See also: Heart Failure written for patients

See also separate articles Heart failure management, Cardiac rehabilitation and Palliative care of heart failure.

Heart failure is a clinical syndrome characterised by:

  • Typical symptoms: breathlessness, fatigue, ankle swelling.
  • Typical signs: tachycardia, tachypnoea, pulmonary rales, pleural effusion, raised jugular venous pressure (JVP), peripheral oedema, hepatomegaly.
  • Objective evidence of a structural or functional abnormality of the heart at rest: cardiomegaly, third heart sound, cardiac murmurs, echocardiogram abnormalities, raised natriuretic peptide concentration.

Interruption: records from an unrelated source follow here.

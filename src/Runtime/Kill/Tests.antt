-- ===== src/Runtime/Kill/Tests.antt =====
-- Instances of the theorems on the kill loop.
use littleorgans.Base.{◌≢◌, suc, ◌+◌, ◌*◌, true, false, some, []}
use littleorgans.Base.Exec.{ok}
use littleorgans.Runtime.Kill.{World, KillState, delivered, out_of_fuel, run_kill_loop, wait, term}
use littleorgans.Runtime.Kill.Signals.{Sent, run_kill_loop-Sent, wait_ends}

-- A process that ignores the signal.
abbrev stubborn : World
stubborn = record {
  deliver = λ n. delivered;
  alive = λ n. some true;
  terminal = λ n. false;
  takes_ms = λ n. 600;
}

abbrev start : KillState
start = record { clock = 0; now_ms = 0; sent = [] }

run_kill_loop-Sent_example : Sent term 1 start (run_kill_loop stubborn term 1 start).1
run_kill_loop-Sent_example = run_kill_loop-Sent stubborn term 1 start

wait_ends_example : (wait stubborn (suc (1 * 1_000)) (0 + 1 * 1_000) start).0 ≢ ok out_of_fuel
wait_ends_example = wait_ends stubborn 1 start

The European Society of Cardiology (ESC) guidelines require that there be symptoms, signs and objective evidence present before a diagnosis of heart failure can be made.[1] Heart failure has a number of different aetiologies (see 'Aetiology', below) - always try to determine the cause. Heart failure should never be the only diagnosis, as it is a syndrome occurring as a result of other diagnostic entities.

Acute and chronic

Heart failure has traditionally been described as acute or chronic, but this can be confusing and should be used to describe time, rather than severity. New-onset (first presentation with acute or slow onset), transient (recurrent or episodic) and chronic (persistent whether stable, worsening or decompensated) heart failure may be a more useful classification.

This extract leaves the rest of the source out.